Table 2 M-CPT1 scores for model variants generated by GPT-4: Zero-Shot (ZS –Fig. 7) vs. Two-Shot (TS – Fig. 8)

4 Concluding remarks

In this Expert Voice we have discussed the need for benchmarking LLMs in software modeling, the main challenges it poses, and our vision to move forward in this area. Although we have focused on class diagrams to illustrate our ideas, we believe that the general principles and strategies we have outlined are broadly applicable to a wide range of modeling tasks that go beyond structural modeling in UML. Instantiating this benchmarking approach to other modeling domains will entail adapting our conceptual framework’s elements to fit specific classes of models and languages.

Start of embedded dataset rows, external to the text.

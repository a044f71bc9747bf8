-- ===== src/Exchange/Updates.antt =====
-- New orders and the operator's commands as steps of the venue: internal/exchange/commands.go and
-- reports.go.
use fix_session_lab.Base.{
  ◌+◌, ◌≡◌, refl, sym, subst, ◌⊎◌, inl, inr, false, [], none, some, Option, arith,
}
use fix_session_lab.Base.Lists.{Bool-cases, Option-cases}
use fix_session_lab.Base.Text.{Text}
use fix_session_lab.Book.{
  Book, Error, unknown_order, qty_not_positive, cannot_trade, exceeds_leaves, cannot_cancel,
  cannot_reject, Change, accepted, insert_order, update, get,
}
use fix_session_lab.Book.Cases.{update_cases, update_refused}
use fix_session_lab.Book.Replace.{find_order-id}
use fix_session_lab.Book.Spec.{find_order, replace_order, KeepsId}
use fix_session_lab.Book.View.{IsWellFormed, located, insert-IsWellFormed}
use fix_session_lab.Deps.{Deps}
use fix_session_lab.Exchange.{App}
use fix_session_lab.Exchange.Commands.{
  fill_change, cancel_change, reject_change, report_update, trade_report, partial, fill, cancel,
  reject,
}
use fix_session_lab.Exchange.Lifecycle.{Moves, trades, cancels, rejects}
use fix_session_lab.Exchange.Reports.{Report, publish, simple_report, accept_order}
use fix_session_lab.Exchange.Steps.{Changes, accepts, changes, Steps, here, one}
use fix_session_lab.Order.{OrderState, ExecType, is_open, leaves_qty}

module _ ⦃L : Deps⦄ where
  -- A function that the exchange gives to Update: it refuses and writes nothing, or makes one move.
  abbrev pub IsLawful : Change L.Decimal → ExecType → Type 0
  IsLawful fn x =
      (o : OrderState L.Decimal)
      → ((e : Error L.Decimal) × (fn o ≡ (o, some e))) ⊎ (((fn o).1 ≡ none) × Moves o x (fn o).0)

  -- The two ways that a command can end, of which `q` says one.
  pub data Ends (a : App) (x : ExecType) (q : App × Option (Error L.Decimal)) : Type 0 where
    refused : (e : Error L.Decimal) → q ≡ (a, some e) → Ends a x q
    done :
        (b : Book L.Decimal) (o : OrderState L.Decimal) (r : Report L.Decimal)
        → Changes a.book o x r.order b
        → r.exec_type ≡ x
        → q ≡ (publish (record a { book = b }) r, none)
        → Ends a x q

  report_update-Ends :
      (a : App) (id : Text) (fn : Change L.Decimal) (x : ExecType)
      (report : OrderState L.Decimal → Report L.Decimal)
      → IsWellFormed a.book
      → KeepsId fn
      → IsLawful fn x
      → ((o : OrderState L.Decimal) → ((report o).order ≡ o) × ((report o).exec_type ≡ x))
      → Ends a x (report_update a (update a.book id fn) report)
  unfolding report_update
  report_update-Ends a id fn x report w keeps lawful fits =
      elim (update_cases a.book id fn w keeps) [
        | inl (missing, e) ↦ rw e (refused (unknown_order id) refl)
        | inr (o, b, found, u) ↦ elim (lawful o) [
          | inl (e, same) ↦ rw (update_refused a.book id fn e {o = o} w found same) (refused e refl)
          | inr (fine, moves) ↦
              let same_id = sym (find_order-id id a.book.cells {o = o} found) in
              rw (u.answered, fine)
                (done b o (report (fn o).0)
                  (record {
                    well_formed = u.well_formed;
                    known = subst (λ k. find_order k a.book.cells ≡ some o) same_id found;
                    moved = rw (fits (fn o).0).0 moves;
                    replaced = rw (fits (fn o).0).0 (
                        subst (λ k. b.cells ≡ replace_order k (fn o).0 a.book.cells) same_id
                          u.replaced);
                    same_exec_seq = u.same_exec_seq;
                  })
                  (fits (fn o).0).1 refl)
        ]
      ]

  pub Ends-Steps :
      {a : App} {x : ExecType} {q : App × Option (Error L.Decimal)} → Ends a x q → Steps false a q.0
  Ends-Steps {a} (refused e p) = rw p here
  Ends-Steps {a} (done b o r c x p) = rw p (one (changes b r o (rw x c)))

  pub fill_change-KeepsId : (id : Text) (qty px : L.Decimal) → KeepsId (fill_change id qty px)
  unfolding fill_change
  fill_change-KeepsId id qty px o = ground arith

  fill_change-IsLawful :
      (id : Text) (qty px : L.Decimal)
      → L.less_eq qty L.zero_dec ≡ false
      → IsLawful (fill_change id qty px) ExecType.trade
  unfolding fill_change
  fill_change-IsLawful id qty px pos o = elim (Bool-cases (is_open o)) [
    | inr shut ↦ inl (cannot_trade id o.status, rw shut refl)
    | inl h ↦ elim (Bool-cases (L.greater qty (leaves_qty o))) [
      | inl over ↦ inl (exceeds_leaves qty (leaves_qty o), rw (h, over) refl)
      | inr fits ↦ inr (rw (h, fits) refl, rw (h, fits) (trades qty px h pos fits refl refl))
    ]
  ]

  pub cancel_change-KeepsId : (id : Text) → KeepsId (cancel_change id)
  unfolding cancel_change
  cancel_change-KeepsId id o = ground arith

  cancel_change-IsLawful : (id : Text) → IsLawful (cancel_change id) ExecType.canceled
  unfolding cancel_change
  cancel_change-IsLawful id o = elim (Bool-cases (is_open o)) [
    | inr shut ↦ inl (cannot_cancel id o.status, rw shut refl)
    | inl h ↦ inr (rw h refl, rw h (cancels h refl refl))
  ]

  pub reject_change-KeepsId : (id : Text) → KeepsId (reject_change id)
  unfolding reject_change
  reject_change-KeepsId id o = ground arith

  reject_change-IsLawful : (id : Text) → IsLawful (reject_change id) ExecType.rejected
  unfolding reject_change
  reject_change-IsLawful id o = elim (Bool-cases (is_open o)) [
    | inr shut ↦ inl (cannot_reject id o.status, rw shut refl)
    | inl h ↦ inr (rw h refl, rw h (rejects h refl refl))
  ]

  pub partial-Ends :
      (a : App) (id : Text) (qty px : L.Decimal)
      → IsWellFormed a.book
      → Ends a ExecType.trade (partial a id qty px)
  unfolding partial trade_report
  partial-Ends a id qty px w = elim (Bool-cases (L.less_eq qty L.zero_dec)) [
    | inl low ↦ rw (low, partial) (refused (qty_not_positive qty) refl)
    | inr pos ↦
        rw (pos, partial)
          (report_update-Ends a id (fill_change id qty px) ExecType.trade (trade_report qty px) w
            (fill_change-KeepsId id qty px) (fill_change-IsLawful id qty px pos)
            (λ o. (refl, refl)))
  ]

  pub fill-Ends :
      (a : App) (id : Text) (px : L.Decimal)
      → IsWellFormed a.book
      → Ends a ExecType.trade (fill a id px)
  unfolding fill
  fill-Ends a id px w = elim (Option-cases (get a.book id)) [
    | inl missing ↦ rw (missing, fill) (refused (unknown_order id) refl)
    | inr (o, found) ↦ rw (found, fill) (partial-Ends a id (leaves_qty o) px w)
  ]

  pub cancel-Ends :
      (a : App) (id reason : Text)
      → IsWellFormed a.book
      → Ends a ExecType.canceled (cancel a id reason)
  unfolding cancel simple_report
  cancel-Ends a id reason w =
      report_update-Ends a id (cancel_change id) ExecType.canceled
        (λ o. simple_report o ExecType.canceled reason 0) w (cancel_change-KeepsId id)
        (cancel_change-IsLawful id) (λ o. (refl, refl))

  pub reject-Ends :
      (a : App) (id reason : Text)
      → IsWellFormed a.book
      → Ends a ExecType.rejected (reject a id reason)
  unfolding reject simple_report
  reject-Ends a id reason w =
      report_update-Ends a id (reject_change id) ExecType.rejected
        (λ o. simple_report o ExecType.rejected reason 0) w (reject_change-KeepsId id)
        (reject_change-IsLawful id) (λ o. (refl, refl))

  pub accept_order-Steps :
      (a : App) (o : OrderState L.Decimal)
      → IsWellFormed a.book
      → o.cum_qty ≡ L.zero_dec
      → Steps false a (accept_order a o).0
  unfolding accept_order insert_order accepted simple_report
  accept_order-Steps a o w zero = elim (located a.book o.cl_ord_id w) [
    | inr (p, x, at_p, cell, found, write) ↦ rw (at_p, accept_order, insert_order) here
    | inl (missing, nothing) ↦
        rw (missing, accept_order, insert_order)
          (one (
            accepts _ (simple_report (accepted (a.book.order_seq + 1) o) ExecType.new [] 0)
              (record {
                well_formed =
                    insert-IsWellFormed a.book (accepted (a.book.order_seq + 1) o)
                      (a.book.order_seq + 1) w nothing;
                unknown = nothing;
                untraded = zero;
                is_new = refl;
                extended = refl;
                same_exec_seq = refl;
              })
              refl))
  ]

Of course, the community does not have to start from scratch and there are already efforts upon which the community can build to support advances in LLM benchmarking for modeling, such as those that exist on automated UML model evaluation (e.g., [10,11,12]), which can be adapted and extended to fit this new context.

LLMs are being progressively incorporated into many modeling-related tasks and processes, with outputs that will make it into production environments and provide support in real-world scenarios. As a community, it is our responsibility to be ready to assess the quality of the outputs generated by such processes, thus helping to pave the way to a future in which productivity does not have to be traded by quality.